Asintió con tristeza. En este pueblo, las desapariciones ya no sorprenden a nadie. Sólo duelen.
Fui al mercado a pegar otro cartel con la foto de Julián. «Se busca», decía en letras negras. Nadie lo miraba ya. La gente pasaba rápido, con la cabeza baja, como si mirar el cartel fuera invocar una maldición.
Regresé a casa al atardecer. Mi padre estaba sentado frente al televisor apagado. No me miró cuando entré.
—¿Encontraste algo? —preguntó mi madre desde la cocina.

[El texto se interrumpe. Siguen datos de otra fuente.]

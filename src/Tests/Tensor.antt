-- ===== src/Tests/Tensor.antt =====
-- Runs of the model of native/src/tensor/tensor.cc.
use tensora.Core.Status.{ok}
use tensora.Shape.{ShapeInfo}
use tensora.Shape.Product.{product, sizes}
use tensora.Storage.{Storage, overwrite}
use tensora.Tensor.{Tensor, float32, cpu, is_contiguous, logical_storage_index, copy_to_host}
use tensora.Tensor.Layout.{dot, logical_storage_index_lem}
use tensora.Tensor.Contiguous.{IsSound, contiguous-in_order}
use tensora.Tensor.Copy.{logical_values, copy_to_host-logical}
use tensora.Prelude.{ℕ, ◌+◌, ◌%◌, ◌^◌, ◌<◌, ◌≡◌, refl, true, none, some, List, [], ◌∷◌, pos, arith}

abbrev grid_shape : ShapeInfo
grid_shape = record {
  dimensions = pos 2 ∷ pos 3 ∷ [];
  strides = 3 ∷ 1 ∷ [];
  numel = 6;
  byte_size = 24;
}

abbrev grid : Tensor
grid = record {
  shape = grid_shape;
  storage = 0;
  dtype = float32;
  device = cpu;
  device_index = pos 0;
  storage_offset = 0;
  version_counter = 0;
  autograd_meta = none;
}

-- The transposed view of the same storage.
abbrev turned : Tensor
turned = record grid {
  shape = record {
    dimensions = pos 3 ∷ pos 2 ∷ [];
    strides = 1 ∷ 3 ∷ [];
    numel = 6;
    byte_size = 24;
  };
}

abbrev values : List ℕ
values = 10 ∷ 11 ∷ 12 ∷ 20 ∷ 21 ∷ 22 ∷ []

grid-IsSound : IsSound grid.shape
unfolding product
grid-IsSound = record {
  ranks = refl;
  positive = (refl, (refl, tt));
  counted = refl;
  fits = omega arith;
  sized = refl;
}

turned-IsSound : IsSound turned.shape
unfolding product
turned-IsSound = record {
  ranks = refl;
  positive = (refl, (refl, tt));
  counted = refl;
  fits = omega arith;
  sized = refl;
}

turned-within : (i : ℕ) → i < 6 → logical_storage_index turned i < 6
unfolding logical_storage_index
turned-within i h = omega arith

logical_storage_index_lem_example :
    logical_storage_index turned 1 ≡ (0 + dot (sizes (pos 3 ∷ pos 2 ∷ [])) (1 ∷ 3 ∷ []) 1) % 2 ^ 64
logical_storage_index_lem_example = logical_storage_index_lem turned 1 refl (omega arith)

grid-contiguous : is_contiguous grid ≡ true
unfolding is_contiguous
grid-contiguous = refl

contiguous-in_order_example : logical_storage_index grid 4 ≡ 0 + 4
contiguous-in_order_example =
    contiguous-in_order grid 4 grid-IsSound grid-contiguous (omega arith) (omega arith)

copy_to_host-logical_example :
    copy_to_host turned (Storage.cpu values) (some (0 ∷ 0 ∷ 0 ∷ 0 ∷ 0 ∷ 0 ∷ 9 ∷ [])) 6 (some 0)
    ≡ record {
      status = ok;
      out_values = some (10 ∷ 20 ∷ 11 ∷ 21 ∷ 12 ∷ 22 ∷ 9 ∷ []);
      out_written = some 6;
    }
unfolding overwrite logical_values logical_storage_index
copy_to_host-logical_example =
    copy_to_host-logical 0 turned values (0 ∷ 0 ∷ 0 ∷ 0 ∷ 0 ∷ 0 ∷ 9 ∷ []) 6 0 turned-IsSound refl
      refl refl turned-within (omega arith) (omega arith) (omega arith)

Negué con la cabeza. Ella suspiró y siguió picando cebolla para la cena.
Esa noche soñé con Julián. Estaba parado en medio de un campo de maíz, llamándome. Corrí hacia él, pero cada vez estaba más lejos. Me desperté sudando y con el corazón hecho trizas.
Al día siguiente fui a la comandancia otra vez. El comandante Ramírez me recibió con fastidio.
—Señorita Mariana, ya le dijimos que estamos haciendo todo lo posible.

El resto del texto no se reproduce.